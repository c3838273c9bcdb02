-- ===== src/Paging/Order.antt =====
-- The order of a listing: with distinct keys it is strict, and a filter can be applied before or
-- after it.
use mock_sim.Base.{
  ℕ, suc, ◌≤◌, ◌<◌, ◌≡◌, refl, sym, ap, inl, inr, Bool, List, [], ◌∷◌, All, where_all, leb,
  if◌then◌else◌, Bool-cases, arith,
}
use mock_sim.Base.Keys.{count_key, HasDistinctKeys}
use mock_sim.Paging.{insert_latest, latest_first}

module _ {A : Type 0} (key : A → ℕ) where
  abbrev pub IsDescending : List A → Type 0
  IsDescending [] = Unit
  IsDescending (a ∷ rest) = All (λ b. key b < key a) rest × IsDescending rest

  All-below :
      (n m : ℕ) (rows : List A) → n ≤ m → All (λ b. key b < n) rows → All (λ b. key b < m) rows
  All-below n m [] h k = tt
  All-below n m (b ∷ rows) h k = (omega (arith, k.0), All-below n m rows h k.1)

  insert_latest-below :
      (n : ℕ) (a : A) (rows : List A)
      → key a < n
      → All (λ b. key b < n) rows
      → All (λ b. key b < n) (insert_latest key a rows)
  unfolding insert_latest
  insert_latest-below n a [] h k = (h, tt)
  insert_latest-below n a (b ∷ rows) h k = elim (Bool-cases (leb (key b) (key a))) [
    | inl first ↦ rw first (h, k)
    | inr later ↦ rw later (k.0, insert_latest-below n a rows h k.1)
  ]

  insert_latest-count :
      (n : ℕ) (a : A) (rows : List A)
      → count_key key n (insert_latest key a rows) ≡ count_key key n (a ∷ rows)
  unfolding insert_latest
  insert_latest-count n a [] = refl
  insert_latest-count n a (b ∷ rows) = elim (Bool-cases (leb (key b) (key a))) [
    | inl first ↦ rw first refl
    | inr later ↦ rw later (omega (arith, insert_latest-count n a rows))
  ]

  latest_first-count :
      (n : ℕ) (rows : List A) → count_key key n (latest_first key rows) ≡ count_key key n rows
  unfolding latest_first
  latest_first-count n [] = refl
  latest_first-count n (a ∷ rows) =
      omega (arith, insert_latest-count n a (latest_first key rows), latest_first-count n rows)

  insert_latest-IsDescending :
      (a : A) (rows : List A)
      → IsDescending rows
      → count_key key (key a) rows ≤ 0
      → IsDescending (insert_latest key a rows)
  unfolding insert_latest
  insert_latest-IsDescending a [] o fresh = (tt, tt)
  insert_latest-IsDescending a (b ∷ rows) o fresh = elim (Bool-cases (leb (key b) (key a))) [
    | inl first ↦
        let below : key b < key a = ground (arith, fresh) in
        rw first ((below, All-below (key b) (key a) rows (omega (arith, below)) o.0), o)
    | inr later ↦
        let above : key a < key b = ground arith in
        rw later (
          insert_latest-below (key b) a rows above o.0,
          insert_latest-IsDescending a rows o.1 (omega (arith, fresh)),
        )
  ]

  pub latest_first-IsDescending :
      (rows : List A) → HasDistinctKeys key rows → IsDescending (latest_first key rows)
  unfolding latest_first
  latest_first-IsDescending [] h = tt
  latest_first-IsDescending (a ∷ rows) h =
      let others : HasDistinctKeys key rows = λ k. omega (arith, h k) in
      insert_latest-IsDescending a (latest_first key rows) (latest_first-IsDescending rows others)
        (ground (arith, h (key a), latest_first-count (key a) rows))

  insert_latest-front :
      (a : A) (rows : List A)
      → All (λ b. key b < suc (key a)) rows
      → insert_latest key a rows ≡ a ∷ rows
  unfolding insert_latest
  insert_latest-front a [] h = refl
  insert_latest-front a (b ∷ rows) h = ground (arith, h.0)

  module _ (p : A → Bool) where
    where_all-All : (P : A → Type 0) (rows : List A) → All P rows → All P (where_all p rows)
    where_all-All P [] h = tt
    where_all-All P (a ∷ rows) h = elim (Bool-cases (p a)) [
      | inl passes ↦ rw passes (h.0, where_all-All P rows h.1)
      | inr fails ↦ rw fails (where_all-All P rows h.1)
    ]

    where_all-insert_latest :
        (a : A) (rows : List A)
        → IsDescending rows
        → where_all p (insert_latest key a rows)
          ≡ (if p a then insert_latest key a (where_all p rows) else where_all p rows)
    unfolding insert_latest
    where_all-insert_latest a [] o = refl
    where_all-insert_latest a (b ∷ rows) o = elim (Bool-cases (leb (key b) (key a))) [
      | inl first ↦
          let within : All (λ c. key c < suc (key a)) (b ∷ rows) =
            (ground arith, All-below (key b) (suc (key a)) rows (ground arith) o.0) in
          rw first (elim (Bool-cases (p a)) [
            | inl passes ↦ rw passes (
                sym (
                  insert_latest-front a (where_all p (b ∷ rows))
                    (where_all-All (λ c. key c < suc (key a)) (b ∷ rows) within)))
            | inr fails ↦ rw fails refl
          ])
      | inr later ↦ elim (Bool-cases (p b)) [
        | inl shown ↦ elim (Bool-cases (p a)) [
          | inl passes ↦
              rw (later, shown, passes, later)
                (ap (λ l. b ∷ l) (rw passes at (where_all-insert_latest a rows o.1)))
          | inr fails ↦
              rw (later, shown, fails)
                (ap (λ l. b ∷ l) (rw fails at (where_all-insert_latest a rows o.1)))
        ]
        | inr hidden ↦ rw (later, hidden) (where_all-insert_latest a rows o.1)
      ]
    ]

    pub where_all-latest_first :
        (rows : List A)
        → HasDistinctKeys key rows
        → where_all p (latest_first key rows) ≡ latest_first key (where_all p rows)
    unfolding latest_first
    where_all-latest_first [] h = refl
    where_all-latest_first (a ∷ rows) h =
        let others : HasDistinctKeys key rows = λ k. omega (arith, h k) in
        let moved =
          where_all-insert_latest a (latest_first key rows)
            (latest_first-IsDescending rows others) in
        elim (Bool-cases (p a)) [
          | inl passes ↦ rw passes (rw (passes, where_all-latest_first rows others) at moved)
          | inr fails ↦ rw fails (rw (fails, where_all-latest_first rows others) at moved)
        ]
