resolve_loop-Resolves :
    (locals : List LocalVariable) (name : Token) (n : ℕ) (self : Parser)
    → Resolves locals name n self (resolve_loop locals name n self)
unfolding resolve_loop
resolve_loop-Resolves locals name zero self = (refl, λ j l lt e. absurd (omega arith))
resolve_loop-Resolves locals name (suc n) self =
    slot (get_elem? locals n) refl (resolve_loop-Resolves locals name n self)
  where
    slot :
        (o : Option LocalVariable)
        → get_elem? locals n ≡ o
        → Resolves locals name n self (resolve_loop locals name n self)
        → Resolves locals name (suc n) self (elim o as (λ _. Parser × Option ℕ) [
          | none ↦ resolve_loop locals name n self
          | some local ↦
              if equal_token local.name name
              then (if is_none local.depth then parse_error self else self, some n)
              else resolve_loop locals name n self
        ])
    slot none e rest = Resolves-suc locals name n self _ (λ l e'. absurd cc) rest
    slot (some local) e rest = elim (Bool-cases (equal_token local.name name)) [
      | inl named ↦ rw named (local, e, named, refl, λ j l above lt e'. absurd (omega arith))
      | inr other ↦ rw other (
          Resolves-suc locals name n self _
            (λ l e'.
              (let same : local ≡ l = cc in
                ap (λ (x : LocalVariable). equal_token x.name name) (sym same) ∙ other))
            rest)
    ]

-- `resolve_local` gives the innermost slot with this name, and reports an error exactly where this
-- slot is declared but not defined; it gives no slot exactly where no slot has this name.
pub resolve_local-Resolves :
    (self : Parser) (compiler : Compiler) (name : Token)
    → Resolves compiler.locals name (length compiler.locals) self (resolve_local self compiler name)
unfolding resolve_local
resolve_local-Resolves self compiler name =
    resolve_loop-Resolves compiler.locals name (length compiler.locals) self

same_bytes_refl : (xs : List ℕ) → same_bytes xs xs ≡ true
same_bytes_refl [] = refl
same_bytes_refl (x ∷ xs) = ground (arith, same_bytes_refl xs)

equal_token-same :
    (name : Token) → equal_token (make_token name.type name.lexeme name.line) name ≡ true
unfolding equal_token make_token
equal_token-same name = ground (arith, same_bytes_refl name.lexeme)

Task to carry out:
Give back exactly the lines above starting at the line where "where_all-insert_latest a [] o = refl" appears and ending at the line where "(where_all-All (λ c." appears, both included, with no other lines.

Response:
    where_all-insert_latest a [] o = refl
    where_all-insert_latest a (b ∷ rows) o = elim (Bool-cases (leb (key b) (key a))) [
      | inl first ↦
          let within : All (λ c. key c < suc (key a)) (b ∷ rows) =
            (ground arith, All-below (key b) (suc (key a)) rows (ground arith) o.0) in
          rw first (elim (Bool-cases (p a)) [
            | inl passes ↦ rw passes (
                sym (
                  insert_latest-front a (where_all p (b ∷ rows))
                    (where_all-All (λ c. key c < suc (key a)) (b ∷ rows) within)))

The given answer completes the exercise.